About this exercise: Only the line containing "pub last : Database" and the lines after it, up to the end of the listing, should be written out, each exactly as given.

Information:
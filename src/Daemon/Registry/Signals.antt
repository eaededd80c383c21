-- ===== src/Daemon/Registry/Signals.antt =====
-- Who hears a signal: crates/paavod/src/cancellation.rs.
use paavo.Prelude.{
  ◌==◌, ◌≡◌, refl, sym, ap, ◌∙◌, true, false, none, some, List, [], ◌∷◌, ◌++◌, arith, Bool-cases,
  inl, inr, if◌then◌else◌,
}
use mathlib.Core.List.{append_assoc, append-nil}
use paavo.Proto.Job.{JobId}
use paavo.Daemon.Registry.{
  Receiver, held, taken, is_dropped, is_held, Channel, Registry, entry, unregister, register_as,
  send_one, replace, signal, take_receiver, register, CancellationRegistry, RunCommand,
}

module _ {M : Type 0} where
  entry-replace :
      (id : JobId) (f : Channel M → Channel M) (r : Registry M) {c : Channel M}
      → entry id r ≡ some c
      → entry id (replace id f r) ≡ some (f c)
  unfolding entry replace
  entry-replace id f [] h = cc
  entry-replace id f ((key, d) ∷ r) {c} h = elim (Bool-cases (key == id)) [
    | inl hit ↦ let e : d ≡ c = ground arith in rw hit (ap (λ x. some (f x)) e)
    | inr miss ↦ rw miss (entry-replace id f r {c = c} (ground arith))
  ]

  entry-unregister : (id : JobId) (r : Registry M) → entry id (unregister id r) ≡ none
  unfolding entry unregister
  entry-unregister id [] = refl
  entry-unregister id ((key, d) ∷ r) = elim (Bool-cases (key == id)) [
    | inl hit ↦ rw hit (entry-unregister id r)
    | inr miss ↦ rw (miss, entry, miss) (entry-unregister id r)
  ]

  signal-live :
      (id : JobId) (m : M) (r : Registry M) {c : Channel M}
      → entry id r ≡ some c
      → is_dropped c.receiver ≡ false
      → ((signal id m r).1 ≡ true)
        × (entry id (signal id m r).0 ≡ some (record c { sent = c.sent ++ m ∷ [] }))
  unfolding signal
  signal-live id m r {c} found live =
      let sent = entry-replace id (send_one m) r found in
      rw (found, signal, live) (refl, sent ∙ ap some (rw live refl))

  -- The signals for one job, one after another, with the last answer of each.
  abbrev pub signal_each : JobId → List M → Registry M → Registry M
  signal_each id [] r = r
  signal_each id (m ∷ ms) r = signal_each id ms (signal id m r).0

  signal_each-live :
      (id : JobId) (ms : List M) (r : Registry M) {c : Channel M}
      → entry id r ≡ some c
      → is_dropped c.receiver ≡ false
      → entry id (signal_each id ms r) ≡ some (record c { sent = c.sent ++ ms })
  signal_each-live id [] r {c} found live =
      found ∙ ap (λ s. some (record c { sent = s })) (sym (append-nil c.sent))
  signal_each-live id (m ∷ ms) r {c} found live =
      signal_each-live id ms (signal id m r).0 (signal-live id m r found live).1 live
      ∙ ap (λ s. some (record c { sent = s })) (append_assoc c.sent (m ∷ []) ms)

  -- After a job is taken off a registry no signal is delivered, and the sender hears so.
  signal-unregister :
      (id : JobId) (m : M) (r : Registry M)
      → signal id m (unregister id r) ≡ (unregister id r, false)
  unfolding signal
  signal-unregister id m r = rw (entry-unregister id r, signal) refl

  entry-register_as :
      (receiver : Receiver) (id : JobId) (r : Registry M)
      → entry id (register_as receiver id r) ≡ some (record { sent = []; receiver = receiver })
  unfolding entry register_as
  entry-register_as receiver id r = ground arith

  take_receiver-live :
      (id : JobId) (r : Registry M) {c : Channel M}
      → entry id r ≡ some c
      → ((take_receiver id r).1 ≡ is_held c.receiver)
        × (entry id (take_receiver id r).0
            ≡ some (if is_held c.receiver then record c { receiver = taken } else c))
  unfolding take_receiver
  take_receiver-live id r {c} found = elim (Bool-cases (is_held c.receiver)) [
    | inl here ↦
        rw (found, take_receiver, here)
          (refl, entry-replace id (λ d. record d { receiver = taken }) r found)
    | inr gone ↦ rw (found, take_receiver, gone) (refl, found)
  ]

-- The worker of a registered job can take its receiver once, and finds there, in order, all that is
-- sent before and after.
pub signals-reach_worker :
    (id : JobId) (before after : List RunCommand) (r : CancellationRegistry)
    → let told = signal_each id before (register id r) in
      ((take_receiver id told).1 ≡ true)
      × ((take_receiver id (take_receiver id told).0).1 ≡ false)
      × (entry id (signal_each id after (take_receiver id told).0)
          ≡ some (record { sent = before ++ after; receiver = taken }))
unfolding register
signals-reach_worker id before after r =
    let told = signal_each id before (register_as held id r) in
    let first : entry id told ≡ some (record { sent = before; receiver = held }) =
      signal_each-live id before (register_as held id r) (entry-register_as held id r) refl in
    let (got, second) = take_receiver-live id told first in
    (
      got,
      (take_receiver-live id (take_receiver id told).0 second).0,
      signal_each-live id after (take_receiver id told).0 second refl,
    )
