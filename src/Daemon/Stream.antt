-- ===== src/Daemon/Stream.antt =====
-- GET /jobs/:id/stream: crates/paavod/src/routes/jobs.rs, with the live events of job_logs.rs and the
-- messages of crates/paavo-proto/src/stream.rs. A line of the response is the message that it encodes.
pub mod History
pub mod Reads
pub mod Closed
use paavo.Prelude.{
  ℕ, zero, suc, ◌+◌, ◌-◌, ◌^◌, min, ltb, ◌≡◌, Bool, true, false, String, Option, none, some, List,
  [], ◌∷◌, ◌++◌, map, length, if◌then◌else◌,
}
use paavo.Proto.Job.{JobId, JobState, JobOutcome, is_terminal}
use paavo.Proto.Log.{LogFrame}
use paavo.Db.Store.{Database, JobRow, Result, ok, err, panicked}
use paavo.Db.Job.Queries.{find}
use paavo.Db.Log.{list}
use paavo.Daemon.Handlers.{Status, bad_request, missing, internal_error}

pub data JobPhase : Type 0 where
  building running : JobPhase

pub data LiveEvent : Type 0 where
  frame : LogFrame → LiveEvent
  terminal : JobOutcome → LiveEvent
  phase : JobPhase → LiveEvent

-- What the receiver yields: an event, or how many it has missed.
pub data Received : Type 0 where
  event : LiveEvent → Received
  missed : ℕ → Received

pub data WireMessage : Type 0 where
  frame : LogFrame → WireMessage
  terminal : JobOutcome → WireMessage
  phase : JobPhase → WireMessage
  lagged : ℕ → WireMessage
  truncated : String → WireMessage

abbrev pub page_size : ℕ
page_size = 1000

-- `u32::saturating_add`
abbrev pub saturating_add : ℕ → ℕ → ℕ
saturating_add m n = min (m + n) (2 ^ 32 - 1)

abbrev pub frames_then : List LogFrame → List WireMessage → List WireMessage
frames_then fs rest = map WireMessage.frame fs ++ rest

-- One page, and the rest if it was full.
abbrev pub after_page :
    Result (List LogFrame) → Option (List WireMessage) → Option (List WireMessage)
after_page (err e) rest = some (truncated "db error reading historical frames" ∷ [])
after_page (panicked why) rest = none
after_page (ok chunk) none =
    if ltb (length chunk) page_size then some (frames_then chunk []) else none
after_page (ok chunk) (some lines) =
    if ltb (length chunk) page_size
    then some (frames_then chunk [])
    else some (frames_then chunk lines)

-- The loop from an offset on; it has no answer when the fuel is used up. The lock is released between
-- pages, so each page has the store at its time.
unfoldable pub historical_from : ℕ → JobId → ℕ → (ℕ → Database) → Option (List WireMessage)
unfolding list
historical_from zero id offset store = none
historical_from (suc fuel) id offset store =
    let rest = historical_from fuel id (saturating_add offset page_size) store in
    after_page (list id offset page_size (store offset)) rest

unfoldable pub historical_lines : ℕ → JobId → (ℕ → Database) → Option (List WireMessage)
unfolding historical_from
historical_lines fuel id store = historical_from fuel id 0 store

-- The status of a refusal, or the lines of a stream.
pub data Response : Type 0 where
  refused : Status → Response
  streamed : List WireMessage → Response

abbrev pub closing_line : Option JobOutcome → WireMessage
closing_line none = truncated "terminal DB row has NULL outcome"
closing_line (some o) = WireMessage.terminal o

-- The end of a stream whose channel has closed without a terminal event.
abbrev pub recovered_line : Result (Option JobRow) → WireMessage
recovered_line (ok (some row)) =
    if is_terminal row.state
    then closing_line row.outcome
    else truncated "live stream ended before terminal"
recovered_line _ = truncated "live stream ended before terminal"

unfoldable pub live_tail : List Received → WireMessage → List WireMessage
live_tail [] last = last ∷ []
live_tail (event (LiveEvent.frame f) ∷ rest) last = WireMessage.frame f ∷ live_tail rest last
live_tail (event (LiveEvent.terminal o) ∷ rest) last = WireMessage.terminal o ∷ []
live_tail (event (LiveEvent.phase p) ∷ rest) last = WireMessage.phase p ∷ live_tail rest last
live_tail (missed n ∷ rest) last = lagged n ∷ live_tail rest last

abbrev pub with_history : Option (List WireMessage) → List WireMessage → Option Response
with_history none rest = none
with_history (some lines) rest = some (streamed (lines ++ rest))

abbrev pub terminal_response : Option (List WireMessage) → Option JobOutcome → Option Response
terminal_response lines none = some (refused internal_error)
terminal_response lines (some o) = with_history lines (WireMessage.terminal o ∷ [])

-- What one look at the job's row decides.
abbrev pub on_row :
    Option (List WireMessage) → Result (Option JobRow) → Option Response → Option Response
on_row lines (ok none) live = some (refused missing)
on_row lines (ok (some row)) live =
    if is_terminal row.state then terminal_response lines row.outcome else live
on_row lines (err e) live = some (refused internal_error)
on_row lines (panicked why) live = none

-- The stores that the handler reads at its different times, and what its receiver yields.
pub record Readings : Type 0 where
  pub first : Database
  pub second : Database
  pub pages : ℕ → Database
  pub received : List Received
  pub last : Database

-- An id that cannot be parsed is refused. The row is read before and after the handler subscribes.
unfoldable pub stream_job : ℕ → Option JobId → Readings → Option Response
unfolding historical_lines live_tail find is_terminal
stream_job fuel none r = some (refused bad_request)
stream_job fuel (some id) r =
    let lines = historical_lines fuel id r.pages in
    let live = with_history lines (live_tail r.received (recovered_line (find id r.last))) in
    on_row lines (find id r.first) (on_row lines (find id r.second) live)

Written response:
  pub last : Database

-- An id that cannot be parsed is refused. The row is read before and after the handler subscribes.
unfoldable pub stream_job : ℕ → Option JobId → Readings → Option Response
unfolding historical_lines live_tail find is_terminal
stream_job fuel none r = some (refused bad_request)
stream_job fuel (some id) r =
    let lines = historical_lines fuel id r.pages in
    let live = with_history lines (live_tail r.received (recovered_line (find id r.last))) in
    on_row lines (find id r.first) (on_row lines (find id r.second) live)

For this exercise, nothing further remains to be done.